Any kind of change like this is effectively ruled out by the existence of Vec::from_raw_parts. Technically it could be changed to reallocate on the spot and still satisfy its API contract, but people expect converting Vec to its component fields and back to be a free operation.

9 Likes

Actually, you could implement from_raw_parts to just ignore the cap/len arguments (and offset the data pointer back to the front of the allocation).

But yes, Vec<T> promises that it's (ptr, len, cap), and that's not going to change. I think we guarantee that Box<[T]> -> Vec<T> is O(1). We also have that Vec<ZST> doesn't allocate, which isn't possible if len/cap are outlined.

Plus in general the optimization of passing &V as just V is problematic. The most obvious issue is that you can as usize to observe the address of the reference, and we (almost certainly) guarantee address stability, which isn't provided if we optimize by-reference to by-value passing.

In general, this just isn't a necessary problem. When dealing with concrete types, use &[T] instead of &Vec<T>. Methods on Vec are inlinable and inlining trivially removes the temporary reference.

2 Likes

My understanding is that LLVM is still free to convert between by-reference and by-value passing if it thinks it's better and can prove that the optimization is correct. Is that true?

A similar trick was tried with a hash map a while back:

1 Like

Note that with the proposed design, Vec::from_raw_parts would still require no allocations. Instead it would have a precondition that ptr points inside of the Array struct, i.e. not only the range ptr..ptr + len consists of allocated memory, but ptr.cast::<usize>() - 2 must also be within the same allocation (so that we can put the (len, capacity) header in two words before the ptr).

However, this would be incompatible with the current API and usages of Vec, which is often used to manage arbitrary allocations of len objects`. It would also noticeably increase the heap usage of short vectors. Two extra words would take 16 bytes on 64-bit systems, which is enough for 4-16 small-sized elements.

Similarly, Vec::new() wouldn't need to allocate. It would just use a null pointer to specify an empty Vec. On the other hand, it would mean that every access to the vector would have to branch on the initial pointer, which would inhibit optimizations.

This change would also mean that it is no longer possible to separately mutably borrow Vec.len, Vec.capacity and Vec.ptr. This is only an issue for the implementation itself, since those fields are not exposed. However, it may still complicate the implementation, negatively affect performance and increase the probability of unsoundness. Benchmarks would be required here.

Overall, besides being incompatible with the current API and layout of Vec (which is often used in in unsafe code), this is a change of very dubious performance and memory use benefits. There are certainly contexts where it could be worthwhile, but as a general-purpose growable buffer it looks unsuitable.

1 Like

Since thin_vec already exists as a crate, I'd be interested to see benchmarks comparing Vec and ThinVec! That could help dispel the differing assumptions about performance effects of the different layouts.

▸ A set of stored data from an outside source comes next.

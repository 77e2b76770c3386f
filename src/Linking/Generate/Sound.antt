-- ===== src/Linking/Generate/Sound.antt =====
-- What `LinkCandidateGenerator.generate` of src/evoeventmem/linking.py returns.
use evoeventmem.Prelude.{ℕ, ◌≤◌, String, false, List, All, length, false}
use evoeventmem.Prelude.Dict.{Dict}
use evoeventmem.Linking.Types.{
  LinkCandidateGenerator, CandidateGenerationRequest, CandidateGenerationResult, LinkCandidate,
  reason_eq,
}
use evoeventmem.Linking.Generate.Reasons.{LinksEligible, LinksJustified}

module _ (self : LinkCandidateGenerator) (request : CandidateGenerationRequest) where
  module _ (embeddings : Dict String (List ℕ)) where
    -- The best of the candidates, at most as many as the limit.
    abbrev Best : (LinkCandidate → Type 0) → ℕ → List LinkCandidate → Type 0
    Best P limit cs = All P cs × (length cs ≤ limit)

  -- What `generate` ensures of a result.
  pub record Generated (result : CandidateGenerationResult) : Type 0 where
    pub entities : All (LinksEligible self request) result.entity_candidates
    pub events : All (LinksJustified self request) result.event_candidates
    pub few_entities : length result.entity_candidates ≤ request.max_entity_candidates
    pub few_events : length result.event_candidates ≤ request.max_event_candidates
    pub few_entity_comparisons : result.entity_comparison_count ≤ request.max_entity_candidates
    pub few_event_comparisons : result.event_comparison_count ≤ request.max_event_candidates
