-- ===== src/Linking/Generate/Total.antt =====
-- `LinkCandidateGenerator.generate` of src/evoeventmem/linking.py never misses an embedding.
use evoeventmem.Prelude.{
  ℕ, ◌≡◌, refl, sym, ap, ◌∙◌, String, true, some, List, [], ◌∷◌, ◌++◌, map, arith, Bool-cases, inl,
  inr, length, contains, string_eq, ◌==◌, ==_iff, ◌||◌,
}
use evoeventmem.Prelude.Dict
use evoeventmem.Prelude.Dict.{Dict}
use evoeventmem.Result.{Result, ok}
use evoeventmem.Domain.Models.{is_active}
use evoeventmem.Etec.Math.{as_set}
use evoeventmem.Etec.Math.Unique.{unique_by-OneEach}
use evoeventmem.Linking.Types.{
  LinkCandidateGenerator, CandidateGenerationRequest, CandidateGenerationResult, LinkCandidate,
}
use evoeventmem.Linking.EntityPool.{EntityPoolItem}
use evoeventmem.Linking.EventPool.{EventPoolItem}
use evoeventmem.Linking.Score.{
  prepend, entity_unless_dropped, event_unless_dropped, bounded, score_entity_items,
  score_event_items, score_entity_pool, score_event_pool,
}
use evoeventmem.Linking.Generate.{
  zip_strict, entity_texts, event_texts, embed_all, embed_unique, no_candidates, entity_pool,
  event_pool, compare_pools, generate,
}

-- Every text of the list has a vector.
abbrev Covers : Dict String (List ℕ) → List String → Type 0
Covers d texts =
    (text : String)
    → contains text texts ≡ true
    → (vector : List ℕ) × (Dict.get d text ≡ some vector)

Covers-zip_strict :
    (texts : List String) (vectors : List (List ℕ))
    → length vectors ≡ length texts
    → (d : Dict String (List ℕ)) × (zip_strict texts vectors ≡ ok d) × Covers d texts
unfolding zip_strict contains Dict.get
Covers-zip_strict [] [] h = ([], refl, λ text there. absurd (cc))
Covers-zip_strict [] (v ∷ vs) h = absurd (omega arith)
Covers-zip_strict (t ∷ ts) [] h = absurd (omega arith)
Covers-zip_strict (t ∷ ts) (v ∷ vs) h =
    let (d, zipped, covers) = Covers-zip_strict ts vs (omega arith) in
    (
      (t, v) ∷ d,
      rw zipped refl,
      λ text there. elim (Bool-cases (t == text)) [
        | inl same ↦ (v, rw same refl)
        | inr differs ↦
            let (w, found) = covers text (ground (arith, ==_iff text t, ==_iff t text)) in
            (w, rw differs found)
      ],
    )

map-id : (xs : List String) → map (λ text. text) xs ≡ xs
map-id [] = refl
map-id (x ∷ xs) = ap (◌∷◌ x) (map-id xs)

contains-as_set :
    (text : String) (texts : List String) → contains text (as_set texts) ≡ contains text texts
contains-as_set text texts =
    ap (contains text) (sym (map-id (as_set texts)))
    ∙ (unique_by-OneEach (λ x. x) texts).1 text
    ∙ ap (contains text) (map-id texts)

-- The model returns one vector for each text.
abbrev pub Embeds : LinkCandidateGenerator → Type 0
Embeds self =
    (texts : List String)
    → (vectors : List (List ℕ)) × (self.embed_texts texts ≡ ok vectors)
      × (length vectors ≡ length texts)

module _ (self : LinkCandidateGenerator) (request : CandidateGenerationRequest)
    (embeds : Embeds self) where
  Covers-embed_all :
      (texts : List String)
      → (d : Dict String (List ℕ)) × (embed_all self texts ≡ ok d) × Covers d texts
  unfolding contains
  Covers-embed_all [] = ([], refl, λ text there. absurd (cc))
  Covers-embed_all (t ∷ ts) =
      let (vectors, embedded, same) = embeds (t ∷ ts) in
      let (d, zipped, covers) = Covers-zip_strict (t ∷ ts) vectors same in
      (d, rw (embedded, zipped) refl, covers)

  Covers-embed_unique :
      (texts : List String)
      → (d : Dict String (List ℕ)) × (embed_unique self texts ≡ ok d) × Covers d texts
  unfolding embed_unique
  Covers-embed_unique texts =
      let (d, embedded, covers) = Covers-embed_all (as_set texts) in
      (d, embedded, λ text there. covers text (contains-as_set text texts ∙ there))

  module _ (d : Dict String (List ℕ)) where
    abbrev Scored : Result (List LinkCandidate) → Type 0
    Scored r = (cs : List LinkCandidate) × (r ≡ ok cs)

    Scored-score_entity_items :
        (items : List EntityPoolItem)
        → Covers d (entity_texts items)
        → Scored (score_entity_items self request d items)
    unfolding score_entity_items entity_texts contains
    Scored-score_entity_items [] covers = ([], refl)
    Scored-score_entity_items (item ∷ items) covers =
        let left = item.source_entity.name in
        let right = item.target.entity.name in
        let (l, found) = covers left (ground (arith, ==_iff left left)) in
        let (r, found') = covers right (ground (arith, ==_iff right right)) in
        let (cs, rest) =
          Scored-score_entity_items items (λ text there. covers text (ground arith)) in
        (
          prepend (entity_unless_dropped self request item (self.cosine l r)) cs,
          rw (found, found', rest) refl,
        )

    Scored-score_event_items :
        (items : List EventPoolItem)
        → Covers d (event_texts request.source.content items)
        → Scored (score_event_items self request d items)
    unfolding score_event_items event_texts contains
    Scored-score_event_items [] covers = ([], refl)
    Scored-score_event_items (item ∷ items) covers =
        let left = request.source.content in
        let right = item.target.content in
        let (l, found) = covers left (ground (arith, ==_iff left left)) in
        let (r, found') = covers right (ground (arith, ==_iff right right)) in
        let (cs, rest) =
          Scored-score_event_items items (λ text there. covers text (ground arith)) in
        (
          prepend (event_unless_dropped self request item (self.cosine l r)) cs,
          rw (found, found', rest) refl,
        )

  contains-append :
      (x : String) (xs ys : List String) → contains x (xs ++ ys) ≡ (contains x xs || contains x ys)
  unfolding contains
  contains-append x [] ys = refl
  contains-append x (y ∷ xs) ys = ground (arith, contains-append x xs ys)

  abbrev pub Generates : Result CandidateGenerationResult → Type 0
  Generates r = (result : CandidateGenerationResult) × (r ≡ ok result)

  Generates-compare_pools : (latency_ms : ℕ) → Generates (compare_pools self request latency_ms)
  unfolding compare_pools score_entity_pool score_event_pool
  Generates-compare_pools latency_ms =
      let entities = entity_texts (entity_pool self request latency_ms) in
      let events = event_texts request.source.content (event_pool self request latency_ms) in
      let (d, embedded, covers) = Covers-embed_unique (entities ++ events) in
      let (es, scored) =
        Scored-score_entity_items d (entity_pool self request latency_ms)
          (λ text there. covers text (ground (arith, contains-append text entities events))) in
      let (vs, scored') =
        Scored-score_event_items d (event_pool self request latency_ms)
          (λ text there. covers text (ground (arith, contains-append text entities events))) in
      (
        record {
          entity_candidates = bounded self es request.max_entity_candidates;
          event_candidates = bounded self vs request.max_event_candidates;
          latency_ms = latency_ms;
          embedding_model_id = self.model_id;
          entity_comparison_count = length (entity_pool self request latency_ms);
          event_comparison_count = length (event_pool self request latency_ms);
        },
        rw (embedded, scored, scored') refl,
      )

  -- With a model that returns one vector for each text that it is given, a generation always returns a
  -- result: each text of a comparison has been embedded, and no lookup of a vector raises.
  pub generate-Generates : (latency_ms : ℕ) → Generates (generate self request latency_ms)
  unfolding generate
  generate-Generates latency_ms = elim (Bool-cases (is_active request.source.status)) [
    | inl yields ↦ rw yields (Generates-compare_pools latency_ms)
    | inr fails ↦ rw fails (no_candidates self request latency_ms, refl)
  ]
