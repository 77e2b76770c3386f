-- ===== src/Linking/Recall.antt =====
-- `calculate_candidate_recall` of src/evoeventmem/linking.py.
use evoeventmem.Prelude.{
  ℕ, List, map, select, contains, take, length, ltb, ◌==◌, nat_eq, if◌then◌else◌,
}
use evoeventmem.Float
use evoeventmem.Result.{Result, ok, value_error, raise_if, ◌>>◌}
use evoeventmem.Etec.Math.{unique_uuids}
use evoeventmem.Linking.Types.{LinkCandidate, CandidateGenerationResult, CandidateRecallMetrics}

-- `_top_k_target_ids`, a set
unfoldable pub top_k_target_ids : List LinkCandidate → ℕ → List ℕ
top_k_target_ids candidates k =
    unique_uuids (map (λ (c : LinkCandidate). c.target_memory.memory_id) (take k candidates))

-- `left & right`
abbrev pub both : List ℕ → List ℕ → List ℕ
both left right = select (λ id. contains id right) left

-- `_recall`, of sets
unfoldable pub recall : List ℕ → List ℕ → ℕ
unfolding Float.div
recall hits gold = if length gold == 0 then Float.one else Float.div (length hits) (length gold)

-- The two sets of ids are lists without repetition.
unfoldable pub calculate_candidate_recall :
    CandidateGenerationResult → List ℕ → List ℕ → ℕ → Result CandidateRecallMetrics
calculate_candidate_recall result gold_entity gold_event k = do
  raise_if (ltb k 1) (value_error "k must be at least 1")
  let entity_hits = both (top_k_target_ids result.entity_candidates k) gold_entity
  let event_hits = both (top_k_target_ids result.event_candidates k) gold_event
  ok (record {
    k = k;
    entity_recall_at_k = recall entity_hits gold_entity;
    event_recall_at_k = recall event_hits gold_event;
    generated_entity_candidates = length result.entity_candidates;
    generated_event_candidates = length result.event_candidates;
    latency_ms = result.latency_ms;
    entity_comparison_count = result.entity_comparison_count;
    event_comparison_count = result.event_comparison_count;
  })
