-- ===== src/Repository.antt =====
-- The repository: its interface, and the implementation in memory.
pub mod Port
pub mod InMemory
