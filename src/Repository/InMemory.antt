-- ===== src/Repository/InMemory.antt =====
-- `InMemoryMemoryRepository` of src/evoeventmem/infra/in_memory_repository.py. Every record that goes in or
-- comes out is a deep copy, so the records are values here and the lock is not modelled. The flag is
-- that of the repository that opened the transaction; the working copy is a new repository.
use evoeventmem.Prelude.{
  ℕ, String, Bool, false, Option, none, some, List, [], ◌≡◌, inl, inr, Option-cases, ◌==◌,
  string_eq, nat_eq, select, arith, if◌then◌else◌,
}
use evoeventmem.Prelude.Dict
use evoeventmem.Prelude.Dict.{Dict, values}
use evoeventmem.Result.{Result, ok, err, key_error, runtime_error}
use evoeventmem.Domain.Models.{MemoryRecord}
use evoeventmem.Repository.Port.{Repository, RepositoryLaws}

pub record Store : Type 0 where
  pub items : Dict ℕ MemoryRecord
  pub transaction_active : Bool

abbrev pub empty : Store
empty = record { items = []; transaction_active = false }

unfoldable pub add : Store → MemoryRecord → Result (Store × MemoryRecord)
add s m = ok (record s { items = Dict.put s.items m.memory_id m }, m)

unfoldable pub get : Store → ℕ → Result (Option MemoryRecord)
get s id = ok (Dict.get s.items id)

unfoldable pub update : Store → MemoryRecord → Result (Store × MemoryRecord)
update s m = elim (Dict.get s.items m.memory_id) [
  | none ↦ err key_error
  | some existing ↦ ok (record s { items = Dict.put s.items m.memory_id m }, m)
]

unfoldable pub list_for_user : Store → String → Result (List MemoryRecord)
list_for_user s user = ok (select (λ m. m.user_id == user) (values s.items))

-- The entry of `transaction`: the working repository, a copy of the items.
unfoldable pub begin : Store → Result Store
begin s =
    if s.transaction_active
    then err (runtime_error "nested transactions are not supported")
    else ok (record { items = s.items; transaction_active = false })

-- Its exit without an exception: the working items replace those of the repository.
unfoldable pub commit : Store → Store → Result Store
commit s working = ok (record { items = working.items; transaction_active = false })

abbrev pub repository : Repository
repository = record {
  State = Store;
  add = add;
  get = get;
  update = update;
  list_for_user = list_for_user;
  begin = begin;
  commit = commit;
}

pub update_contents :
    (s s' : Store) (m stored : MemoryRecord)
    → update s m ≡ ok (s', stored)
    → (stored ≡ m)
      × (s'.items ≡ Dict.put s.items m.memory_id m)
      × ((old : MemoryRecord) × (Dict.get s.items m.memory_id ≡ some old))
unfolding update
update_contents s s' m stored h = elim (Option-cases (Dict.get s.items m.memory_id)) [
  | inl missing ↦ absurd (ground arith)
  | inr (old, found) ↦ (ground arith, ground arith, (old, found))
]

pub get_contents :
    (s : Store) (id : ℕ) (found : Option MemoryRecord)
    → get s id ≡ ok found
    → found ≡ Dict.get s.items id
unfolding get
get_contents s id found h = ground arith

pub list_contents :
    (s : Store) (user : String) (found : List MemoryRecord)
    → list_for_user s user ≡ ok found
    → found ≡ select (λ m. m.user_id == user) (values s.items)
unfolding list_for_user
list_contents s user found h = ground arith

pub add_contents :
    (s s' : Store) (m stored : MemoryRecord)
    → add s m ≡ ok (s', stored)
    → (stored ≡ m) × (s'.items ≡ Dict.put s.items m.memory_id m)
unfolding add
add_contents s s' m stored h = ground arith

pub begin_contents : (s w : Store) → begin s ≡ ok w → w.items ≡ s.items
unfolding begin
begin_contents s w h = ground arith

pub commit_contents : (s w s' : Store) → commit s w ≡ ok s' → s'.items ≡ w.items
unfolding commit
commit_contents s w s' h = ground arith

-- The repository in memory is a dict of records, and its operations keep to the interface.
abbrev pub laws : RepositoryLaws repository
laws = record {
  contents = λ s. s.items;
  get_contents = get_contents;
  list_contents = list_contents;
  add_contents = add_contents;
  update_contents = update_contents;
  begin_contents = begin_contents;
  commit_contents = commit_contents;
}
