-- ===== src/Retrieval.antt =====
-- Retrieval, src/evoeventmem/retrieval.py: the weights, the fusion of the
-- candidates of the sources, the classification, the reader input and the packing under a budget.
pub mod Types
pub mod Weights
pub mod Candidates
pub mod Sources
pub mod Temporal
pub mod Merge
pub mod Classify
pub mod Reader
pub mod Pack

...not interested enough to do it myself, though :sweat_smile:

3 Likes

This is likely accurate (where "prove it's correct" includes proving the address is never potentially observed), but LLVM typically doesn't like to change the ABI of even internal/nonexposed functions when they haven't been inlined out of being a function call.

The reason for this is unclear, but probably a combination of at least that

  • Properly codegen-unit internal functions are rare in C/C++, thus most functions need to maintain their proper ABI; and
  • Saying one ABI is an optimization over another is very rarely a simple question, since it has knock-on effects for register allocation.

(A like notification got me here and we've discussed similar things in the thread about pass-by-reference and Copy types.)

3 Likes

This topic was automatically closed 90 days after the last reply. New replies are no longer allowed.